• _The input_:
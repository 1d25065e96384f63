-- ===== src/Metadata/Text/Laws.antt =====
-- `strcmp(s, t) == 0` of src/corex_metadata.c is the equality of the strings.
use x_remote_runtime.Prelude.{ℕ, ◌≡◌, ◌↔◌, arith, List, [], ◌∷◌, true}
use x_remote_runtime.Metadata.Text.{c_string, same_bytes, strcmp_equal}

pub same_bytes_iff : (s t : List ℕ) → (same_bytes s t ≡ true) ↔ (s ≡ t)
unfolding same_bytes
same_bytes_iff [] [] = ground arith
same_bytes_iff [] (d ∷ t) = ground arith
same_bytes_iff (c ∷ s) [] = ground arith
same_bytes_iff (c ∷ s) (d ∷ t) = grind (arith, same_bytes_iff s t)

pub strcmp_equal_iff : (s t : List ℕ) → (strcmp_equal s t ≡ true) ↔ (c_string s ≡ c_string t)
unfolding strcmp_equal
strcmp_equal_iff s t = same_bytes_iff (c_string s) (c_string t)
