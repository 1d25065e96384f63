-- ===== src/Metadata/Image/Kernels.antt =====
-- `corex_find_kernel_meta` of src/corex_metadata.c finds the first kernel of a name.
use x_remote_runtime.Prelude.{
  ℕ, ◌≡◌, ◌≢◌, ◌↔◌, inl, inr, refl, ◌∙◌, ap, List, [], ◌∷◌, ◌++◌, All, false, some, Bool-cases,
}
use native.Mathlib.Omega.{arith}
use mathlib.Core.Path.{subst}
use x_remote_runtime.Metadata.Text.{c_string, same_bytes, strcmp_equal}
use x_remote_runtime.Metadata.Text.Laws.{strcmp_equal_iff}
use x_remote_runtime.Metadata.Module.{
  ArgKind, unknown, global_buffer, by_value, KernelMeta, ModuleMeta, parse_arg_kind,
}
use x_remote_runtime.Metadata.Image.{find_named, corex_find_kernel_meta, corex_meta_arg_kind_name}

-- The kernels before one, and those behind it.
pub record IsFirst (kernels : List KernelMeta) (name : List ℕ) (k : KernelMeta) : Type 0 where
  pub before : List KernelMeta
  pub after : List KernelMeta
  pub place : kernels ≡ before ++ k ∷ after
  pub named : c_string k.name ≡ c_string name
  pub first : All (λ j. c_string j.name ≢ c_string name) before

find_named-IsFirst :
    (kernels : List KernelMeta) (name : List ℕ) (k : KernelMeta)
    → find_named kernels name ≡ some k
    → IsFirst kernels name k
unfolding find_named
find_named-IsFirst [] name k e = absurd (ground arith)
find_named-IsFirst (j ∷ kernels) name k e = elim (Bool-cases (strcmp_equal j.name name)) [
  | inl q ↦
      let same : j ≡ k = ground arith in
      record {
        before = [];
        after = kernels;
        place = ap (λ i. i ∷ kernels) same;
        named =
            subst (λ i. c_string i.name ≡ c_string name) same ((strcmp_equal_iff j.name name).0 q);
        first = tt;
      }
  | inr q ↦
      let rest : IsFirst kernels name k = find_named-IsFirst kernels name k (ground arith) in
      record {
        before = j ∷ rest.before;
        after = rest.after;
        place = ap (◌∷◌ j) rest.place;
        named = rest.named;
        first = (λ same. ground (arith, strcmp_equal_iff j.name name), rest.first);
      }
]

IsFirst-find_named :
    (name : List ℕ) (k : KernelMeta) (before after : List KernelMeta)
    → c_string k.name ≡ c_string name
    → All (λ j. c_string j.name ≢ c_string name) before
    → find_named (before ++ k ∷ after) name ≡ some k
unfolding find_named
IsFirst-find_named name k [] after named first = rw ((strcmp_equal_iff k.name name).1 named) refl
IsFirst-find_named name k (j ∷ before) after named (other, first) =
    let differs : strcmp_equal j.name name ≡ false = ground (arith, strcmp_equal_iff j.name name) in
    rw differs (IsFirst-find_named name k before after named first)

-- `corex_find_kernel_meta` finds a kernel exactly if that is the first one of the module whose name is
-- the given one, as C strings.
pub corex_find_kernel_meta_iff :
    (m : ModuleMeta) (name : List ℕ) (k : KernelMeta)
    → (corex_find_kernel_meta m name ≡ some k) ↔ IsFirst m.kernels name k
unfolding corex_find_kernel_meta
corex_find_kernel_meta_iff m name k = (
  find_named-IsFirst m.kernels name k,
  λ found.
      ap (λ kernels. find_named kernels name) found.place
      ∙ IsFirst-find_named name k found.before found.after found.named found.first,
)

-- The name that `corex_meta_arg_kind_name` gives a kind is read back as that kind by `parse_arg_kind`.
pub parse_arg_kind-corex_meta_arg_kind_name :
    (kind : ArgKind) → parse_arg_kind (corex_meta_arg_kind_name kind) ≡ kind
unfolding parse_arg_kind corex_meta_arg_kind_name strcmp_equal c_string same_bytes
parse_arg_kind-corex_meta_arg_kind_name unknown = refl
parse_arg_kind-corex_meta_arg_kind_name global_buffer = refl
parse_arg_kind-corex_meta_arg_kind_name by_value = refl
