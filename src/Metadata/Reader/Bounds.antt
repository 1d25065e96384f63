-- ===== src/Metadata/Reader/Bounds.antt =====
-- Where the functions of the MessagePack reader of src/corex_metadata.c stop.
use x_remote_runtime.Prelude.{
  ℕ, ◌+◌, ◌-◌, ◌*◌, ◌^◌, ◌≤◌, ◌<◌, arith, List, Bool, true, false, not, ltb, leb, ◌==◌,
  if◌then◌else◌, length, drop, length-take,
}
use x_remote_runtime.Bytes.{Outcome, reject, accept, ◌>>=◌, ◌>>◌}
use x_remote_runtime.Bytes.Ensures.{
  Ensures, Ensures-mono, bind-Ensures, check-Ensures, rd-accept, rd_be-accept, rd_bytes-accept,
}
use x_remote_runtime.Metadata.Reader.{
  mp_need, mp_get_u8, mp_get_be, mp_read_map_len, mp_read_array_len, mp_string_len, mp_read_string,
  mp_get_nonnegative, mp_read_uint64,
}

-- A position not before `pos`, in the buffer.
abbrev pub From : List ℕ → ℕ → ℕ → Type 0
From bytes pos p = (pos ≤ p) × (p ≤ length bytes)

-- A reader that has gone on to such a position, beside its result.
abbrev pub Reads : {A : Type 0} → List ℕ → ℕ → Outcome (A × ℕ) → Type 0
Reads bytes pos o = Ensures (λ r. From bytes pos r.1) o

-- One that has read a byte at least.
abbrev pub ReadsOn : {A : Type 0} → List ℕ → ℕ → Outcome (A × ℕ) → Type 0
ReadsOn bytes pos o = Ensures (λ r. From bytes (pos + 1) r.1) o

module _ (bytes : List ℕ) where
  pub need-Ensures :
      {A : Type 0} (Q : A → Type 0) (n pos : ℕ) (m : Outcome A)
      → pos ≤ length bytes
      → (pos + n ≤ length bytes → Ensures Q m)
      → Ensures Q (mp_need bytes pos n >> m)
  unfolding mp_need
  need-Ensures Q n pos m h k =
      check-Ensures Q (not (ltb (length bytes - pos) n)) m (λ e. k (ground arith))

  pub mp_get_be-Reads : (n pos : ℕ) → pos ≤ length bytes → Reads bytes pos (mp_get_be n bytes pos)
  unfolding mp_get_be
  mp_get_be-Reads n pos h =
      need-Ensures (λ r. From bytes pos r.1) n pos _ h
        λ room. rw (rd_be-accept n bytes pos room) (omega arith, room)

  pub mp_get_u8-ReadsOn : (pos : ℕ) → pos ≤ length bytes → ReadsOn bytes pos (mp_get_u8 bytes pos)
  unfolding mp_get_u8
  mp_get_u8-ReadsOn pos h =
      need-Ensures (λ r. From bytes (pos + 1) r.1) 1 pos _ h
        λ room. rw (rd-accept 1 bytes pos room) (omega arith, room)

  -- The end of a reader that calls on another.
  ReadsOn-mono :
      {A : Type 0} (pos p : ℕ) (o : Outcome (A × ℕ))
      → pos + 1 ≤ p
      → Reads bytes p o
      → ReadsOn bytes pos o
  ReadsOn-mono pos p o h k =
      Ensures-mono (λ r. From bytes (pos + 1) r.1) (λ r. From bytes p r.1) o k
        λ r (low, high). (omega arith, high)

  -- After the first byte comes a chain of tests on it, each of which ends in a reader.
  u8-ReadsOn :
      {A : Type 0} (pos : ℕ) (f : ℕ × ℕ → Outcome (A × ℕ))
      → pos ≤ length bytes
      → ((c p : ℕ) → p ≤ length bytes → Reads bytes p (f (c, p)))
      → ReadsOn bytes pos (mp_get_u8 bytes pos >>= f)
  u8-ReadsOn pos f h k =
      bind-Ensures (λ r. From bytes (pos + 1) r.1) (λ r. From bytes (pos + 1) r.1)
        (mp_get_u8 bytes pos) f (mp_get_u8-ReadsOn pos h)
        λ (c, p) (low, high). ReadsOn-mono pos p (f (c, p)) low (k c p high)

  stop-Reads : {A : Type 0} (a : A) (p : ℕ) → p ≤ length bytes → Reads bytes p (accept (a, p))
  stop-Reads a p h = (omega arith, h)

  if-Reads :
      {A : Type 0} (b : Bool) (p : ℕ) (x y : Outcome (A × ℕ))
      → Reads bytes p x
      → Reads bytes p y
      → Reads bytes p (if b then x else y)
  if-Reads true p x y h k = h
  if-Reads false p x y h k = k

  reject-Reads : (p : ℕ) → Reads {A = ℕ} bytes p reject
  reject-Reads p = tt

  mp_get_nonnegative-Reads :
      (n p : ℕ) → p ≤ length bytes → Reads bytes p (mp_get_nonnegative n bytes p)
  unfolding mp_get_nonnegative
  mp_get_nonnegative-Reads n p h =
      let Q : ℕ × ℕ → Type 0 = λ r. From bytes p r.1 in
      bind-Ensures Q Q (mp_get_be n bytes p) _ (mp_get_be-Reads n p h)
        λ (v, q) k. check-Ensures Q (ltb v (2 ^ (8 * n - 1))) (accept (v, q)) λ _. k

  get_u8-Reads : (p : ℕ) → p ≤ length bytes → Reads bytes p (mp_get_u8 bytes p)
  get_u8-Reads p h =
      Ensures-mono (λ r. From bytes p r.1) (λ r. From bytes (p + 1) r.1) (mp_get_u8 bytes p)
        (mp_get_u8-ReadsOn p h) λ r (low, high). (omega arith, high)

  ruleset chains =
      (if-Reads, stop-Reads, reject-Reads, get_u8-Reads, mp_get_be-Reads, mp_get_nonnegative-Reads)

  pub mp_read_map_len-ReadsOn :
      (pos : ℕ) → pos ≤ length bytes → ReadsOn bytes pos (mp_read_map_len bytes pos)
  unfolding mp_read_map_len
  mp_read_map_len-ReadsOn pos h = u8-ReadsOn pos _ h λ c p k. search chains

  pub mp_read_array_len-ReadsOn :
      (pos : ℕ) → pos ≤ length bytes → ReadsOn bytes pos (mp_read_array_len bytes pos)
  unfolding mp_read_array_len
  mp_read_array_len-ReadsOn pos h = u8-ReadsOn pos _ h λ c p k. search chains

  pub mp_read_uint64-ReadsOn :
      (pos : ℕ) → pos ≤ length bytes → ReadsOn bytes pos (mp_read_uint64 bytes pos)
  unfolding mp_read_uint64
  mp_read_uint64-ReadsOn pos h = u8-ReadsOn pos _ h λ c p k. search chains depth 12

  mp_string_len-Reads : (c p : ℕ) → p ≤ length bytes → Reads bytes p (mp_string_len c bytes p)
  unfolding mp_string_len
  mp_string_len-Reads c p k = search chains depth 6

  pub mp_read_string-Ensures :
      (size pos : ℕ)
      → pos ≤ length bytes
      → Ensures
          (λ r. (length r.0 < size) × From bytes (pos + 1) r.1)
          (mp_read_string size bytes pos)
  unfolding mp_read_string
  mp_read_string-Ensures size pos h =
      let Q : List ℕ × ℕ → Type 0 = λ r. (length r.0 < size) × From bytes (pos + 1) r.1 in
      check-Ensures Q (not (size == 0)) _ λ some_room.
        bind-Ensures Q (λ r. From bytes (pos + 1) r.1) (mp_get_u8 bytes pos) _
          (mp_get_u8-ReadsOn pos h)
          λ (c, p) (low, high).
            bind-Ensures Q (λ r. From bytes p r.1) (mp_string_len c bytes p) _
              (mp_string_len-Reads c p high)
              λ (n, q) (from, to). need-Ensures Q n q _ to λ room.
                let copied : ℕ = if leb size n then size - 1 else n in
                let fits : q + copied ≤ length bytes = ground arith in
                rw (rd_bytes-accept copied bytes q fits)
                  (ground (arith, length-take copied (drop q bytes)), (omega arith, room))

• _Problem to solve_: When a line in the records holds the string "differs", copy that line.

• _Result of the exercise_:
    let differs : strcmp_equal j.name name ≡ false = ground (arith, strcmp_equal_iff j.name name) in
    rw differs (IsFirst-find_named name k before after named first)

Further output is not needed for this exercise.